Imagine a scenario where a driverless car going at a high speed encounters a child crossing in front. What happens with 3 choices faced.

 

1 -  straight ahead and kill the child

2 -  swerve left into on coming traffic - how many potential deaths there

3-  swerve right into concrete wall and kill occupants of your car

 

All outcomes are bad - how do those decisions get made and who accepts liability?

 

Stuff like this will take place hundreds of times a year. Hard for me to understand how you easily roll out

driverless vehicles with these type of issues.

 

Should be interesting.

 

This is a strawman argument.
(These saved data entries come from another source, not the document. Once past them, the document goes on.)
module _ (db : Connection) where
  -- The statement is in the transaction, and nothing is committed.
  abbrev Ran : PolicyStatement → Tables → Post I32
  Ran statement s (ok uid) t =
      (db.run s.pending statement ≡ ok uid)
      × (t.pending ≡ statement ∷ s.pending)
      × (t.committed ≡ s.committed)
  Ran statement s _ t = t.committed ≡ s.committed

  run-Ran :
      (statement : PolicyStatement) (s : Tables) → Holds (Ran statement s) (run db statement s)
  run-Ran statement s = go (db.run s.pending statement) refl
    where
      go :
          (r : Res PgError I32)
          → db.run s.pending statement ≡ r
          → Holds (Ran statement s) (ran db statement r s)
      go (ok uid) is = (is, refl, refl)
      go (err e) is = refl
      go panic is = refl

  -- A sub-row is in the transaction, with the reference to it.
  abbrev pub sub_statements : PolicyKind → I32 → I32 → List PolicyStatement
  sub_statements (PolicyKind.password_expiry max_age) uid sub =
      set_expiration sub uid ∷ insert_expiration max_age ∷ []
  sub_statements PolicyKind.password_strength uid sub = []
  sub_statements (PolicyKind.expression expression) uid sub =
      set_expression sub uid ∷ insert_expression expression ∷ []

  -- The sub-row of a kind was inserted after the statements before it, and has the id.
  abbrev pub HasSub : PolicyKind → List PolicyStatement → I32 → Type 0
  HasSub (PolicyKind.password_expiry max_age) before sub =
      db.run before (insert_expiration max_age) ≡ ok sub
  HasSub PolicyKind.password_strength before sub = ⊥
  HasSub (PolicyKind.expression expression) before sub =
      db.run before (insert_expression expression) ≡ ok sub

  abbrev Subbed : PolicyKind → I32 → Tables → Post (Unit {0})
  Subbed kind uid s (ok _) t =
      (sub : I32) × HasSub kind s.pending sub
      × (t.pending ≡ sub_statements kind uid sub ++ s.pending)
      × (t.committed ≡ s.committed)
  Subbed kind uid s _ t = t.committed ≡ s.committed

  abbrev Both : PolicyStatement → (I32 → PolicyStatement) → Tables → Post (Unit {0})
  Both first second s (ok _) t =
      (sub : I32) × (db.run s.pending first ≡ ok sub)
      × (t.pending ≡ second sub ∷ first ∷ s.pending)
      × (t.committed ≡ s.committed)
  Both first second s _ t = t.committed ≡ s.committed

  -- Two statements, the second of which refers to the row of the first.
  two_statements :
      (first : PolicyStatement) (second : I32 → PolicyStatement) (s : Tables)
      → Holds
          (Both first second s)
          (continue (run db first s) (λ sub. run db (second sub) >>= λ _. pure tt))
  two_statements first second s =
      then_lem (Ran first s) (Both first second s) (run db first s) _ (run-Ran first s) (λ e t h. h)
        (λ t h. h)
        (λ sub t (has, pending, same).
          then_lem (Ran (second sub) t) (Both first second s) (run db (second sub) t) _
            (run-Ran (second sub) t) (λ e u h. h ∙ same) (λ u h. h ∙ same)
            (λ x u (_, pending', same').
              (sub, has, pending' ∙ ap (λ l. second sub ∷ l) pending, same' ∙ same)))

  create_sub-Subbed :
      (kind : PolicyKind) (uid : I32) (s : Tables)
      → Holds (Subbed kind uid s) (create_sub db kind uid s)
  create_sub-Subbed (PolicyKind.password_expiry max_age) uid s =
      two_statements (insert_expiration max_age) (λ sub. set_expiration sub uid) s
  create_sub-Subbed PolicyKind.password_strength uid s = refl
  create_sub-Subbed (PolicyKind.expression expression) uid s =
      two_statements (insert_expression expression) (λ sub. set_expression sub uid) s

  -- The statements that a policy is made of, the last one first.
  abbrev pub statements_of : String → PolicyKind → I32 → I32 → List PolicyStatement
  statements_of slug kind uid sub =
      sub_statements kind uid sub ++ (insert_policy slug (simple_kind kind) ∷ [])

  -- The answer is the policy of the statements, which were run after those before them: its id is that
  -- of its row, and the id that its row refers to is that of the row of its kind.
  abbrev pub IsMade :
      List PolicyStatement → String → PolicyKind → PartialPolicy → List PolicyStatement → Type 0
  IsMade before slug kind partial statements =
      let row = insert_policy slug (simple_kind kind) in
      (sub : I32) × (db.run before row ≡ ok partial.uid)
      × HasSub kind (row ∷ before) sub
      × (partial.slug ≡ slug)
      × (partial.kind ≡ simple_kind kind)
      × (statements ≡ statements_of slug kind partial.uid sub)

  abbrev Made : String → PolicyKind → Tables → Post PartialPolicy
  Made slug kind s (ok partial) t =
      (statements : List PolicyStatement) × IsMade s.pending slug kind partial statements
      × (t.pending ≡ statements ++ s.pending)
      × (t.committed ≡ s.committed)
  Made slug kind s _ t = t.committed ≡ s.committed

  create-Made :
      (slug : String) (kind : PolicyKind) (s : Tables)
      → Holds (Made slug kind s) (create db slug kind s)
  unfolding create
  create-Made slug kind s =
      let row = insert_policy slug (simple_kind kind) in
      then_lem (Ran row s) (Made slug kind s) (run db row s) _ (run-Ran row s) (λ e t h. h)
        (λ t h. h)
        (λ uid t (has, pending, same).
          then_lem (Subbed kind uid t) (Made slug kind s) (create_sub db kind uid t) _
            (create_sub-Subbed kind uid t) (λ e u h. h ∙ same) (λ u h. h ∙ same)
            (λ x u (sub, has_sub, pending', same'). (
              statements_of slug kind uid sub,
              (sub, has, subst (λ l. HasSub kind l sub) pending has_sub, refl, refl, refl),
              pending'
                  ∙ ap (λ l. sub_statements kind uid sub ++ l) pending
                  ∙ sym (append_assoc (sub_statements kind uid sub) (row ∷ []) s.pending),
              same' ∙ same,
            )))

  -- Either a policy of an allowed kind is answered and its statements are committed, or nothing is
  -- committed.
  abbrev pub AllOrNothing :
      (PolicyKind → Type 0)
      → String
      → List PolicyStatement
      → Res ApiErrorKind Answer
      → Tables
      → Type 0
  AllOrNothing allowed slug before (ok (created partial)) t =
      (kind : PolicyKind) × (statements : List PolicyStatement) × allowed kind
      × IsMade [] slug kind partial statements
      × (t.committed ≡ statements ++ before)
  AllOrNothing allowed slug before _ t = t.committed ≡ before

  store-AllOrNothing :
      (allowed : PolicyKind → Type 0) (slug : String) (kind : PolicyKind) (s : Tables)
      → allowed kind
      → s.pending ≡ []
      → Holds (AllOrNothing allowed slug s.committed) (store db slug kind s)
  store-AllOrNothing allowed slug kind s may empty =
      then_lem (Made slug kind s) (AllOrNothing allowed slug s.committed) (create db slug kind s) _
        (create-Made slug kind s) (λ e t h. h) (λ t h. h)
        (λ partial t (statements, made, pending, same).
          go partial t statements (subst (λ l. IsMade l slug kind partial statements) empty made)
            (pending ∙ ap (λ l. statements ++ l) empty ∙ append-nil statements) same db.commit)
    where
      go :
          (partial : PartialPolicy) (t : Tables) (statements : List PolicyStatement)
          → IsMade [] slug kind partial statements
          → t.pending ≡ statements
          → t.committed ≡ s.committed
          → (r : Res PgError (Unit {0}))
          → Holds
              (AllOrNothing allowed slug s.committed)
              (continue (committed_by db r t) (λ _. pure (created partial)))
      go partial t statements made pending same (ok x) =
          (kind, statements, may, made, ap₂ ◌++◌ pending same)
      go partial t statements made pending same (err e) = same
      go partial t statements made pending same panic = same

  -- A transaction begins with nothing in it.
  abbrev Begun : Tables → Post (Unit {0})
  Begun s (ok _) t = (t.pending ≡ []) × (t.committed ≡ s.committed)
  Begun s _ t = t.committed ≡ s.committed

  transaction-Begun : (s : Tables) → Holds (Begun s) (transaction db s)
  transaction-Begun s = go db.connect db.begin
    where
      go :
          (c : Res String (Unit {0})) (b : Res PgError (Unit {0}))
          → Holds (Begun s) (continue (lift (convert pool_error c) s) (λ _. begun db b))
      go (ok x) (ok y) = (refl, refl)
      go (ok x) (err e) = refl
      go (ok x) panic = refl
      go (err e) b = refl
      go panic b = refl

  from_transaction :
      (allowed : PolicyKind → Type 0) (slug : String) (s : Tables) (rest : H Answer)
      → ((t : Tables) → t.pending ≡ [] → Holds (AllOrNothing allowed slug t.committed) (rest t))
      → Holds
          (AllOrNothing allowed slug s.committed)
          (rolled_back db (continue (transaction db s) (λ _. rest)))
  from_transaction allowed slug s rest h = dropped (continue (transaction db s) (λ _. rest)) (
      then_lem (Begun s) (AllOrNothing allowed slug s.committed) (transaction db s) _
        (transaction-Begun s) (λ e t same. same) (λ t same. same)
        (λ x t (empty, same).
          subst (λ b. Holds (AllOrNothing allowed slug b) (rest t)) same (h t empty)))
    where
      dropped :
          (r : Res ApiErrorKind Answer × Tables)
          → Holds (AllOrNothing allowed slug s.committed) r
          → Holds (AllOrNothing allowed slug s.committed) (rolled_back db r)
      dropped (ok (created partial), t) k = k
      dropped (ok (bad_request m), t) k = k
      dropped (ok (payload_too_large m), t) k = k
      dropped (ok internal_server_error, t) k = k
      dropped (err e, t) k = k
      dropped (panic, t) k = k

  -- Creating a password expiry policy either answers with the policy, and then its row, the row of its
  -- age and the reference between them are committed and the age is not negative, or commits nothing.
  pub create_expiration-AllOrNothing :
      (slug : String) (max_age : I32) (s : Tables)
      → Holds
          (AllOrNothing
            (λ kind. (kind ≡ PolicyKind.password_expiry max_age) × (ltb_ℤ max_age (pos 0) ≡ false))
            slug
            s.committed)
          (create_expiration db slug max_age s)
  unfolding create_expiration
  create_expiration-AllOrNothing slug max_age s = go (ltb_ℤ max_age (pos 0)) refl
    where
      go :
          (b : Bool)
          → ltb_ℤ max_age (pos 0) ≡ b
          → Holds
              (AllOrNothing
                (λ kind.
                  (kind ≡ PolicyKind.password_expiry max_age) × (ltb_ℤ max_age (pos 0) ≡ false))
                slug
                s.committed)
              (if b
                then (ok (bad_request "max_age must be positive"), s)
                else rolled_back db (
                    continue
                      (transaction db s)
                      (λ _. store db slug (PolicyKind.password_expiry max_age))))
      go true is = refl
      go false is =
          from_transaction _ slug s (store db slug (PolicyKind.password_expiry max_age)) (λ t empty.
            store-AllOrNothing _ slug (PolicyKind.password_expiry max_age) t (refl, is) empty)

  module _ {AST ParseError : Type 0} (engine : Engine AST ParseError Scope)
      (show : ParseError → String) where
    -- The expression is the encoded text of the body, and it compiles.
    abbrev pub IsCompiled : List (Res String Bytes) → PolicyKind → Type 0
    IsCompiled chunks kind =
        (bytes : Bytes) × (text : String) × (ast : AST) × (read_body chunks [] ≡ ok (some bytes))
        × (engine.from_utf8 bytes ≡ some text)
        × (kind ≡ PolicyKind.expression (encode_base64 engine text))
        × (compile engine (encode_base64 engine text) dummy_scope ≡ ok ast)

    if_compiled-AllOrNothing :
        (chunks : List (Res String Bytes)) (slug text : String) (bytes : Bytes)
        (r : Compiled engine AST) (s : Tables)
        → read_body chunks [] ≡ ok (some bytes)
        → engine.from_utf8 bytes ≡ some text
        → compile engine (encode_base64 engine text) dummy_scope ≡ r
        → s.pending ≡ []
        → Holds
            (AllOrNothing (IsCompiled chunks) slug s.committed)
            (if_compiled db engine show slug (encode_base64 engine text) r s)
    if_compiled-AllOrNothing chunks slug text bytes (ok ast) s read utf8 is empty =
        store-AllOrNothing (IsCompiled chunks) slug
          (PolicyKind.expression (encode_base64 engine text)) s
          (bytes, text, ast, read, utf8, refl, is) empty
    if_compiled-AllOrNothing chunks slug text bytes (err invalid_base64) s read utf8 is empty = refl
    if_compiled-AllOrNothing chunks slug text bytes (err (parse e)) s read utf8 is empty = refl
    if_compiled-AllOrNothing chunks slug text bytes panic s read utf8 is empty = refl

    if_utf8-AllOrNothing :
        (chunks : List (Res String Bytes)) (slug : String) (bytes : Bytes) (o : Option String)
        (s : Tables)
        → read_body chunks [] ≡ ok (some bytes)
        → engine.from_utf8 bytes ≡ o
        → s.pending ≡ []
        → Holds
            (AllOrNothing (IsCompiled chunks) slug s.committed)
            (if_utf8 db engine show slug o s)
    if_utf8-AllOrNothing chunks slug bytes none s read utf8 empty = refl
    if_utf8-AllOrNothing chunks slug bytes (some text) s read utf8 empty =
        if_compiled-AllOrNothing chunks slug text bytes
          (compile engine (encode_base64 engine text) dummy_scope) s read utf8 refl empty

    if_read-AllOrNothing :
        (chunks : List (Res String Bytes)) (slug : String) (r : Api (Option Bytes)) (s : Tables)
        → read_body chunks [] ≡ r
        → s.pending ≡ []
        → Holds
            (AllOrNothing (IsCompiled chunks) slug s.committed)
            (continue (lift r s) (λ body. if_read db engine show slug body))
    if_read-AllOrNothing chunks slug (ok none) s read empty = refl
    if_read-AllOrNothing chunks slug (ok (some bytes)) s read empty =
        if_utf8-AllOrNothing chunks slug bytes (engine.from_utf8 bytes) s read refl empty
    if_read-AllOrNothing chunks slug (err e) s read empty = refl
    if_read-AllOrNothing chunks slug panic s read empty = refl

    -- Creating an expression policy either answers with the policy, and then its row, the row of its
    -- expression and the reference between them are committed, the body was read to its end as UTF-8,
    -- the expression is its encoding and compiles, or it commits nothing.
    pub create_expression-AllOrNothing :
        (slug : String) (chunks : List (Res String Bytes)) (s : Tables)
        → Holds
            (AllOrNothing (IsCompiled chunks) slug s.committed)
            (create_expression db engine show slug chunks s)
    unfolding create_expression
    create_expression-AllOrNothing slug chunks s =
        from_transaction (IsCompiled chunks) slug s _
          (λ t empty. if_read-AllOrNothing chunks slug (read_body chunks []) t refl empty)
First of all, you have no data how often such situations happen. Second, the same situations happen with human drivers on board and obviously they cannot make any choice - they are not fast enough or clear headed enough or aware enough. So it is obvious that automated car will make a better choice whatever it chooses. Like JBird said, it could just slam on breaks and hope for the best. Note that it will detect the person faster than human and it will slam on the breaks faster than human. So even if the person on road dies, they would have died with human at wheel too.

 

You could as well make the same argument to prohibit humans to drive cars. Cause obviously they cannot t make decisions in situations like this and liability may bankrupt them. Yet, we allow people to drive.

 

If you are concerned about liability, let car manufacturers and insurers work it out. It's not your problem.

 

I am sick and tired of hearing this old and - sorry to say - broken argument.